_Exercise_. Below are entries; copy exactly the lines from the one with "(f n : ℕ) (text : Bytes) → All" through the one with "decode_loop nr_param []", both included, and leave out the rest.

Stored dataset items
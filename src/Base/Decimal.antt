-- ===== src/Base/Decimal.antt =====
-- Decimal printing: what the digits stand for, and how many there are.
use Prim.Native.Nat.{ℕ, zero, suc, ◌+◌, ◌-◌, ◌*◌, ◌/◌, ◌%◌, ◌^◌, ◌≤◌, ◌<◌}
use mathlib.Core.Path.{◌≡◌, refl, ap, ◌∙◌}
use mathlib.Core.Logic.{inl, inr}
use mathlib.Core.List.{[], ◌∷◌}
use native.Mathlib.Omega.{arith}
use communication_protocols.Base.Tests.{ltb, Bool-cases}
use communication_protocols.Base.Lists.{Bytes, length, All}
use communication_protocols.Base.Texts.{decimal_loop, decimal}

-- The number that digits behind the number n stand for.
unfoldable pub digits_value : ℕ → Bytes → ℕ
digits_value n [] = n
digits_value n (c ∷ text) = digits_value (n * 10 + (c - 48)) text

-- 10 ^ k
unfoldable pub power10 : ℕ → ℕ
power10 zero = 1
power10 (suc k) = 10 * power10 k

pub decimal_loop-value :
    (f n : ℕ) (text : Bytes)
    → n < power10 f
    → digits_value 0 (decimal_loop f n text) ≡ digits_value n text
unfolding decimal_loop digits_value power10
decimal_loop-value zero n text h = let e : n ≡ 0 = omega arith in rw e refl
decimal_loop-value (suc f) n text h = elim (Bool-cases (ltb n 10)) [
  | inl b ↦ rw (b, decimal_loop) (ap (λ m. digits_value m text) (omega arith))
  | inr b ↦
      rw (b, decimal_loop)
        (decimal_loop-value f (n / 10) ((48 + n % 10) ∷ text) (omega arith)
          ∙ ap (λ m. digits_value m text) (omega arith))
]

-- 10 ^ (k + 1) and less are printed in k + 1 digits at most, 10 ^ k and more in as many at least.
pub decimal_loop-short :
    (f k n : ℕ) (text : Bytes)
    → n < power10 (suc k)
    → k < f
    → length (decimal_loop f n text) ≤ suc k + length text
unfolding decimal_loop power10
decimal_loop-short zero k n text h kf = absurd (omega arith)
decimal_loop-short (suc f) zero n text h kf = ground arith
decimal_loop-short (suc f) (suc k) n text h kf =
    ground (arith, decimal_loop-short f k (n / 10) ((48 + n % 10) ∷ text))

power10_pos : (k : ℕ) → 0 < power10 k
unfolding power10
power10_pos zero = omega arith
power10_pos (suc k) = omega (arith, power10_pos k)

text-le-decimal_loop : (f n : ℕ) (text : Bytes) → length text ≤ length (decimal_loop f n text)
unfolding decimal_loop
text-le-decimal_loop zero n text = omega arith
text-le-decimal_loop (suc f) n text =
    ground (arith, text-le-decimal_loop f (n / 10) ((48 + n % 10) ∷ text))

pub decimal_loop-long :
    (f k n : ℕ) (text : Bytes)
    → power10 k ≤ n
    → k < f
    → suc k + length text ≤ length (decimal_loop f n text)
unfolding decimal_loop power10
decimal_loop-long zero k n text h kf = absurd (omega arith)
decimal_loop-long (suc f) zero n text h kf =
    ground (arith, text-le-decimal_loop f (n / 10) ((48 + n % 10) ∷ text))
decimal_loop-long (suc f) (suc k) n text h kf =
    ground (arith, power10_pos k, decimal_loop-long f k (n / 10) ((48 + n % 10) ∷ text))

pub decimal-short : (n : ℕ) → n < 2 ^ 32 → length (decimal n) ≤ 10
unfolding power10
decimal-short n h = omega (arith, decimal_loop-short 20 9 n [] (omega arith) (omega arith))

-- Every digit is one of "0" to "9".
pub decimal_loop-All :
    (f n : ℕ) (text : Bytes) → All (λ c. 48 ≤ c) text → All (λ c. 48 ≤ c) (decimal_loop f n text)
unfolding decimal_loop
decimal_loop-All zero n text h = h
decimal_loop-All (suc f) n text h = elim (Bool-cases (ltb n 10)) [
  | inl b ↦ rw (b, decimal_loop) (omega arith, h)
  | inr b ↦
      rw (b, decimal_loop) (decimal_loop-All f (n / 10) ((48 + n % 10) ∷ text) (omega arith, h))
]
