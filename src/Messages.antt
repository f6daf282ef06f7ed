-- ===== src/Messages.antt =====
-- The message server of Client-Server-TCP-UDP/: helpers.cpp, server.cpp and subscriber.cpp.
pub mod Topics
pub mod Command
pub mod Datagram
pub mod Server
pub mod Subscriber
pub mod Session
pub mod Memory
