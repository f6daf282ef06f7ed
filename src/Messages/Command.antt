-- ===== src/Messages/Command.antt =====
-- `decode_message` of Client-Server-TCP-UDP/helpers.cpp, the commands of a subscriber. `none` is a
-- token that does not fit in the 51 bytes of the topic.
pub mod Verdict
pub mod Words
pub mod Joined
mod Tests
use communication_protocols.Base.{
  ℕ, suc, ◌+◌, Bool, true, false, ◌&&◌, ◌||◌, not, Option, none, some, List, [], ◌∷◌, Bytes, codes,
  get_or, ◌==◌, if◌then◌else◌, same_bytes, fits, ◌>>=◌,
}

-- `server_message`
pub record ServerMessage : Type 0 where
  pub type : ℕ
  pub topic : Bytes
  pub sf : Bool

abbrev pub add_word : Bytes → List Bytes → List Bytes
add_word [] words = words
add_word (c ∷ word) words = (c ∷ word) ∷ words

-- The word that begins here, which may be empty, and the words behind it.
unfoldable pub cut : Bytes → Bytes × List Bytes
cut [] = ([], [])
cut (c ∷ text) =
    let (word, words) = cut text in if c == 32 then ([], add_word word words) else (c ∷ word, words)

-- What the calls of `strtok` with " " give.
unfoldable pub tokens : Bytes → List Bytes
tokens text = let (word, words) = cut text in add_word word words

-- The loop at the parameter `nr_param`, and what stands behind it. The message is written as the
-- tokens are read, also where they are refused later.
unfoldable pub decode_loop : ℕ → List Bytes → ServerMessage → Option (Bool × ServerMessage)
decode_loop nr_param [] message = some (not ((nr_param == 3) && (message.type == b's')), message)
decode_loop nr_param (token ∷ rest) message = elim (nr_param == 1) [
  | true ↦ elim (same_bytes token (codes "subscribe") || same_bytes token (codes "unsubscribe")) [
    | true ↦ decode_loop (nr_param + 1) rest (record message { type = get_or token 0 0 })
    | false ↦ some (false, message)
  ]
  | false ↦ elim (nr_param == 2) [
    | true ↦ elim (fits 51 token) [
      | none ↦ none
      | some topic ↦ decode_loop (nr_param + 1) rest (record message { topic = topic })
    ]
    | false ↦ elim (nr_param == 3) [
      | true ↦ elim (same_bytes token (codes "1\n") || same_bytes token (codes "0\n")) [
        | true ↦
            let message' = record message { sf = same_bytes token (codes "1\n") } in
            elim (message.type == b'u') [
              | true ↦ some (false, message')
              | false ↦ decode_loop (nr_param + 1) rest message'
            ]
        | false ↦ some (false, message)
      ]
      | false ↦ some (false, message)
    ]
  ]
]

unfoldable pub decode_message : ServerMessage → Bytes → Option (Bool × ServerMessage)
decode_message message buffer = decode_loop 1 (tokens buffer) message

_Written answer_.
    (f n : ℕ) (text : Bytes) → All (λ c. 48 ≤ c) text → All (λ c. 48 ≤ c) (decimal_loop f n text)
unfolding decimal_loop
decimal_loop-All zero n text h = h
decimal_loop-All (suc f) n text h = elim (Bool-cases (ltb n 10)) [
  | inl b ↦ rw (b, decimal_loop) (omega arith, h)
  | inr b ↦
      rw (b, decimal_loop) (decimal_loop-All f (n / 10) ((48 + n % 10) ∷ text) (omega arith, h))
]
filename src/Messages.antt
repository f6daf282ef06f7ed
-- ===== src/Messages.antt =====
-- The message server of Client-Server-TCP-UDP/: helpers.cpp, server.cpp and subscriber.cpp.
pub mod Topics
pub mod Command
pub mod Datagram
pub mod Server
pub mod Subscriber
pub mod Session
pub mod Memory
repository f6daf282ef06f7ed
filename src/Messages/Command.antt
-- ===== src/Messages/Command.antt =====
-- `decode_message` of Client-Server-TCP-UDP/helpers.cpp, the commands of a subscriber. `none` is a
-- token that does not fit in the 51 bytes of the topic.
pub mod Verdict
pub mod Words
pub mod Joined
mod Tests
use communication_protocols.Base.{
  ℕ, suc, ◌+◌, Bool, true, false, ◌&&◌, ◌||◌, not, Option, none, some, List, [], ◌∷◌, Bytes, codes,
  get_or, ◌==◌, if◌then◌else◌, same_bytes, fits, ◌>>=◌,
}

-- `server_message`
pub record ServerMessage : Type 0 where
  pub type : ℕ
  pub topic : Bytes
  pub sf : Bool

abbrev pub add_word : Bytes → List Bytes → List Bytes
add_word [] words = words
add_word (c ∷ word) words = (c ∷ word) ∷ words

-- The word that begins here, which may be empty, and the words behind it.
unfoldable pub cut : Bytes → Bytes × List Bytes
cut [] = ([], [])
cut (c ∷ text) =
    let (word, words) = cut text in if c == 32 then ([], add_word word words) else (c ∷ word, words)

-- What the calls of `strtok` with " " give.
unfoldable pub tokens : Bytes → List Bytes
tokens text = let (word, words) = cut text in add_word word words

-- The loop at the parameter `nr_param`, and what stands behind it. The message is written as the
-- tokens are read, also where they are refused later.
unfoldable pub decode_loop : ℕ → List Bytes → ServerMessage → Option (Bool × ServerMessage)
decode_loop nr_param [] message = some (not ((nr_param == 3) && (message.type == b's')), message)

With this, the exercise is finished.